- **Saved entries**

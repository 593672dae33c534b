-- ===== src/Voice/Workers.antt =====
-- transcribePerTurn of apps/gateway/src/lib/voice/diarize.ts: workers that take the slots of the eligible
-- turns one after the other and wait for the recognizer. What it answers for a clip is a parameter; which
-- worker goes on next is an event.
use Prim.Native.String.{String}
use modelforge_ai.Base.{
  ℕ, ◌+◌, ◌-◌, min, max, Bool, not, ◌&&◌, Option, none, some, List, [], ◌∷◌, length, get_elem?, set,
  replicate, if◌then◌else◌, ltb, leb,
}
use modelforge_ai.Base.Text.{◌==◌, text_eq, nat_eq}
use modelforge_ai.Base.Preds.{any, filter}
use modelforge_ai.Base.Units.{Units, is_empty, trim}
use modelforge_ai.Voice.Turns.{DiarizationTurn}
use modelforge_ai.Voice.Segments.{TranscriptSegment}
use modelforge_ai.Voice.Slices.{turn_segment, sort_segments}

-- ffmpeg fails, the recognizer throws, or it gives a transcript of the clip.
pub data ClipAnswer : Type 0 where
  cut_failed asr_failed : ClipAnswer
  heard : String → String → Units → Option ℕ → ClipAnswer

pub record PerTurnInput : Type 0 where
  pub turns : List DiarizationTurn
  pub language : Option String
  pub turn_pad_ms : Option ℕ
  pub concurrency : Option ℕ

pub record PerTurnState : Type 0 where
  pub next : ℕ
  pub busy : List ℕ
  pub results : List (Option TranscriptSegment)
  pub model : String
  pub language : String

pub record PerTurn : Type 0 where
  pub segments : List TranscriptSegment
  pub model : String
  pub language : String

pub data WorkerEvent : Type 0 where
  takes : WorkerEvent
  answers : ℕ → WorkerEvent

abbrev pub or_else {ℓ} : {A : Type ℓ} → Option A → A → A
or_else none d = d
or_else (some a) d = a

-- `text || before`
abbrev pub or_before : String → String → String
or_before text before = if text == "" then before else text

abbrev pub pad_of : PerTurnInput → ℕ
pad_of input = or_else input.turn_pad_ms 200

abbrev pub concurrency_of : PerTurnInput → ℕ
concurrency_of input = max 1 (min 8 (or_else input.concurrency 2))

-- `turn.end - turn.start >= 0.35`
abbrev pub eligible_turns : PerTurnInput → List DiarizationTurn
eligible_turns input = filter (λ (t : DiarizationTurn). leb (t.start + 350) t.end) input.turns

abbrev pub worker_count : PerTurnInput → ℕ
worker_count input = min (concurrency_of input) (length (eligible_turns input))

unfoldable pub start_workers : PerTurnInput → PerTurnState
start_workers input = record {
  next = 0;
  busy = [];
  results = replicate (length (eligible_turns input)) none;
  model = "unknown";
  language = or_else input.language "unknown";
}

abbrev pub is_busy : ℕ → List ℕ → Bool
is_busy slot busy = any (λ other. other == slot) busy

abbrev pub idle : ℕ → List ℕ → List ℕ
idle slot busy = filter (λ other. not (other == slot)) busy

-- for (const segment of results) if (segment) …
abbrev pub present : List (Option TranscriptSegment) → List TranscriptSegment
present [] = []
present (none ∷ rs) = present rs
present (some s ∷ rs) = s ∷ present rs

-- results[slot] = … is left out where the clip gives nothing.
abbrev pub put :
    ℕ → Option TranscriptSegment → List (Option TranscriptSegment) → List (Option TranscriptSegment)
put slot none results = results
put slot (some s) results = set results slot (some s)

module _ (is_space : ℕ → Bool) (hear : ℕ → ℕ → ClipAnswer) where
  -- The answer for the clip of a turn, cut with the padding.
  abbrev pub clip_answer : PerTurnInput → DiarizationTurn → ClipAnswer
  clip_answer input turn = hear (turn.start - pad_of input) (turn.end + pad_of input)

  abbrev pub said_in : DiarizationTurn → Units → Option ℕ → Option TranscriptSegment
  said_in turn text confidence =
      if is_empty text then none else some (turn_segment turn text confidence)

  abbrev pub segment_of : DiarizationTurn → ClipAnswer → Option TranscriptSegment
  segment_of turn cut_failed = none
  segment_of turn asr_failed = none
  segment_of turn (heard model language text confidence) =
      said_in turn (trim is_space text) confidence

  abbrev pub outcome : PerTurnInput → DiarizationTurn → Option TranscriptSegment
  outcome input turn = segment_of turn (clip_answer input turn)

  abbrev pub note_answer : ClipAnswer → PerTurnState → PerTurnState
  note_answer cut_failed s = s
  note_answer asr_failed s = s
  note_answer (heard model language text confidence) s = record s {
    model = or_before model s.model;
    language = or_before language s.language;
  }

  abbrev pub finish_slot : PerTurnInput → ℕ → Option DiarizationTurn → PerTurnState → PerTurnState
  finish_slot input slot none s = s
  finish_slot input slot (some turn) s = record (note_answer (clip_answer input turn) s) {
    busy = idle slot s.busy;
    results = put slot (outcome input turn) s.results;
  }

  -- An event, or none where it cannot happen.
  unfoldable pub worker_step : PerTurnInput → WorkerEvent → PerTurnState → Option PerTurnState
  worker_step input takes s =
      if ltb (length s.busy) (worker_count input) && ltb s.next (length (eligible_turns input))
      then some (record s { next = s.next + 1; busy = s.next ∷ s.busy })
      else none
  worker_step input (answers slot) s =
      if is_busy slot s.busy
      then some (finish_slot input slot (get_elem? (eligible_turns input) slot) s)
      else none

  unfoldable pub run_workers : PerTurnInput → List WorkerEvent → PerTurnState → Option PerTurnState
  run_workers input [] s = some s
  run_workers input (e ∷ es) s = elim (worker_step input e s) [
    | none ↦ none
    | some after ↦ run_workers input es after
  ]

  -- No worker waits and every slot is taken: Promise.all is resolved.
  abbrev pub is_done : PerTurnInput → PerTurnState → Bool
  is_done input s = (length s.busy == 0) && (s.next == length (eligible_turns input))

  abbrev pub per_turn_of : PerTurnState → PerTurn
  per_turn_of s = record {
    segments = sort_segments (present s.results);
    model = s.model;
    language = s.language;
  }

- **PROBLEM TO WORK ON**
Show all lines in the entries above where the string "length" appears.

- **COMPLETED EXERCISE**
  ℕ, ◌+◌, ◌-◌, min, max, Bool, not, ◌&&◌, Option, none, some, List, [], ◌∷◌, length, get_elem?, set,
worker_count input = min (concurrency_of input) (length (eligible_turns input))
  results = replicate (length (eligible_turns input)) none;
      if ltb (length s.busy) (worker_count input) && ltb s.next (length (eligible_turns input))
  is_done input s = (length s.busy == 0) && (s.next == length (eligible_turns input))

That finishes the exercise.